Later, when her breaths are deep and even, I ask, “How was that scene? Enough? Too much?”

“It’s the stuff out of fantasies, Stryker. All of it. But I have one thing to say…”

“Oh?”

“If that’s your idea of punishment, Sir, I’m not sure I’ll ever behave again.”

I was hoping she’d say that.

Because I have plans for another dozen scenes. I just hope she’s ready to meet the beast she’s unleashed.

Chapter Thirty

Lyra

My body wakes up before my mind. Every part of me remembers Stryker.

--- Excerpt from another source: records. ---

-- ===== src/Examples/Passes.antt =====
-- internal/mutator: rebuilds, passes and retirements over the kernel of tables.
use mathlib.Core.List.{Memᴰ}
use molebridge.Base.{
  ℕ, suc, true, false, not, ◌≡◌, refl, inl, none, some, List, [], ◌∷◌, is_some, All,
}
use molebridge.Rtnl.Addr.{v4, ip4, Addr, Family-discrete}
use molebridge.Rtnl.Rule.{Rule}
use molebridge.Rtnl.Route.{Snapshot, IfAddr, Link}
use molebridge.Contract.Spec.{Spec, rules, reject, lookup}
use molebridge.Rtnl.Items.{Items-discrete, items}
use molebridge.Contract.Diff.{diff}
use molebridge.Contract.Routes.{exit_table_actions, sift, fallback_route, is_fallback}
use molebridge.Mutator.Owner.{Owner}
use molebridge.Mutator.Pass.{max_rounds, start_result}
use molebridge.Mutator.Rebuild.{rebuild}
use molebridge.Mutator.Rounds.{rounds, reconcile}
use molebridge.Mutator.Settle.{retire_return_path, settle}
use molebridge.Mutator.Shown.{HasAll}
use molebridge.Mutator.Gapless.{Covered, rebuild-Covered}
use molebridge.Mutator.Recorded.{recorded_options, logged}
use molebridge.Mutator.Restored.{rebuild-HasAll}
use molebridge.Mutator.Rounded.{rounds_enough}
use molebridge.Rtnl.Addr.{Family}
use molebridge.Contract.Plan.InPlace.{InPlace}
use molebridge.Mutator.Pass.{no_input}
use molebridge.Mutator.Verified.{HoldsOn}
use molebridge.Mutator.Passes.{Fresh, reconcile-fault, reconcile-HoldsOn}
use molebridge.Mutator.Install.{install}
use molebridge.Mutator.Installed.{install-HoldsOn}
use molebridge.Mutator.Unstable.{reconcile-phantom}
use molebridge.Mutator.Live.{Refused, retire_return_path-Refused, settle-unsure}
use molebridge.Examples.Rules.{node, node_spec}
use molebridge.Examples.Kernels.{Tables, options, shown, holds, tables-Lawful, shown-All}

-- A node without a tunnel address, and with no temporary guard.
abbrev quiet_spec : Spec
quiet_spec = record node_spec { return_path = λ f. []; temp_guard = λ f. false }

abbrev owner_of : Spec → Tables → Owner Tables
owner_of s k = record {
  kernel = k;
  spec = s;
  model = none;
  retiring = [];
  ready = false;
  stats = record { repairs = 0; last_repair = 0; has_last = false };
  last_pass = start_result;
}

abbrev settled : Tables
settled f = rules quiet_spec f

-- A rule at priority 97 that is not the expected one, and one elsewhere.
abbrev wrong : Rule
wrong = lookup 97 v4 254

abbrev other : Rule
other = reject 50 v4

abbrev drifted : Tables
drifted f = other ∷ wrong ∷ []

abbrev wanted : List Rule
wanted = record (reject 97 v4) { iif_name = node.overlay_if } ∷ []

rebuild-Covered_example :
    All
      (λ k. Covered 97 wanted (holds drifted v4) (holds k v4))
      (rebuild
        (recorded_options (options false))
        v4
        97
        wanted
        (logged (owner_of quiet_spec drifted))).1.kernel.1
rebuild-Covered_example =
    rebuild-Covered (options false) holds (tables-Lawful false) v4 97 wanted
      (owner_of quiet_spec drifted) (refl, tt)

rebuild-HasAll_example :
    HasAll
      (holds (rebuild (options false) v4 97 wanted (owner_of quiet_spec drifted)).1.kernel v4)
      wanted
unfolding rebuild Family-discrete Items-discrete items
rebuild-HasAll_example =
    rebuild-HasAll (options false) holds (tables-Lawful false) v4 97 wanted
      (owner_of quiet_spec drifted) (refl, tt) refl

rounds_enough_example :
    is_some (
      rounds
        (options true)
        (suc max_rounds)
        0
        (shown true drifted)
        start_result
        (owner_of quiet_spec drifted))
    ≡ true
rounds_enough_example =
    rounds_enough (options true) (shown true drifted) start_result (owner_of quiet_spec drifted)

reconcile-fault_example :
    is_some (reconcile (options true) (owner_of quiet_spec drifted)).0.err
    ≡ not (reconcile (options true) (owner_of quiet_spec drifted)).0.contract_holds
reconcile-fault_example = reconcile-fault (options true) (owner_of quiet_spec drifted)

reconcile-HoldsOn_example :
    let r = reconcile (options false) (owner_of quiet_spec settled) in
    (snap : Snapshot) × HoldsOn (options false) (Fresh (options false) holds) r.1.ready r.1 snap
unfolding reconcile diff Family-discrete Items-discrete items exit_table_actions sift fallback_route
    is_fallback
reconcile-HoldsOn_example =
    reconcile-HoldsOn (options false) holds (tables-Lawful false) (owner_of quiet_spec settled) refl
      refl

install-HoldsOn_example :
    let t = (install (options false) (owner_of quiet_spec settled)).1 in
    (snap : Snapshot) × HoldsOn (options false) (Fresh (options false) holds) t.ready t snap
    × ((f : Family) → InPlace (options false).text t.spec snap f no_input)
unfolding install reconcile diff Family-discrete Items-discrete items exit_table_actions sift
    fallback_route is_fallback
install-HoldsOn_example =
    install-HoldsOn (options false) holds (tables-Lawful false) (owner_of quiet_spec settled) refl
      refl refl

reconcile-phantom_example :
    Memᴰ wrong (holds (reconcile (options true) (owner_of quiet_spec drifted)).1.kernel v4)
reconcile-phantom_example =
    reconcile-phantom (options true) holds (tables-Lawful true)
      (shown-All true (λ s. s.unstable ≡ true) (λ k. refl)) (owner_of quiet_spec drifted) v4 wrong
      (Memᴰ.tail (Memᴰ.head refl))

-- The spec of a node whose tunnel address is protected, and that address.
abbrev tunnel_ip : Addr
tunnel_ip = ip4 171902209

retire_return_path-Refused_example :
    Refused
      (options true)
      holds
      (tables-Lawful true)
      v4
      wrong
      (owner_of node_spec drifted)
      (retire_return_path (options true) v4 (some tunnel_ip) (owner_of node_spec drifted))
retire_return_path-Refused_example =
    retire_return_path-Refused (options true) holds (tables-Lawful true) v4 tunnel_ip
      (owner_of node_spec drifted) v4 wrong refl (shown-All true _ (λ k. inl refl))
      (Memᴰ.tail (Memᴰ.head refl))

settle-unsure_example :
    let r =
      settle
        (options true)
        quiet_spec
        node_spec
        v4
        none
        tunnel_ip
        true
        (owner_of node_spec drifted) in
    Refused (options true) holds (tables-Lawful true) v4 wrong (owner_of node_spec drifted) r
    × (r.1.ready ≡ false)
settle-unsure_example =
    settle-unsure (options true) holds (tables-Lawful true) quiet_spec node_spec v4 none tunnel_ip
      true (owner_of node_spec drifted) v4 wrong
      (shown-All true (λ s. s.unstable ≡ true) (λ k. refl)) (Memᴰ.tail (Memᴰ.head refl))

-- The tunnel interface with the protected address twice, and another interface.
abbrev exit_link : Link
exit_link = record { index = 7; name = node.exit_if; flags = 1; mtu = 1420; kind = [] }

abbrev on_link : ℕ → Addr → IfAddr
on_link i a = record {
  family = v4;
  index = i;
  local = record { addr = a; bits = 32 };
  scope = 0;
  flags = 0;
}

abbrev addrs_found : List IfAddr
addrs_found = on_link 7 tunnel_ip ∷ on_link 2 (ip4 1) ∷ on_link 7 tunnel_ip ∷ []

And when I breathe in, it’s his spicy scent that fills my senses.

Opening my eyes, sensing that something isn’t right, I turn toward his side of the bed.

The other side of the mattress is cold and empty.

Stryker isn’t there.

But every part of me is vibrantly aware of him.

A slow throb pulses between my thighs, a tender ache that spreads upward to the small of my back and downward to the backs of my knees.

My ass stings when I shift, the skin hot and tight, as if his palm is still there, branding me.

I draw a breath, and the memory floods in: the way he bent me over his lap, the sharp crack of his hand on my buttocks, the way the pain flipped into something molten and urgent.

My nipples tighten against the soft flannel of my shirt—his shirt—that I pulled on sometime in the night. The fabric smells of woodsmoke and him, clean skin and dark desire, making my stomach clench with want and shame in equal measures.

I press my thighs together and feel the slickness that’s there, even though that shouldn’t be possible when I’m all alone.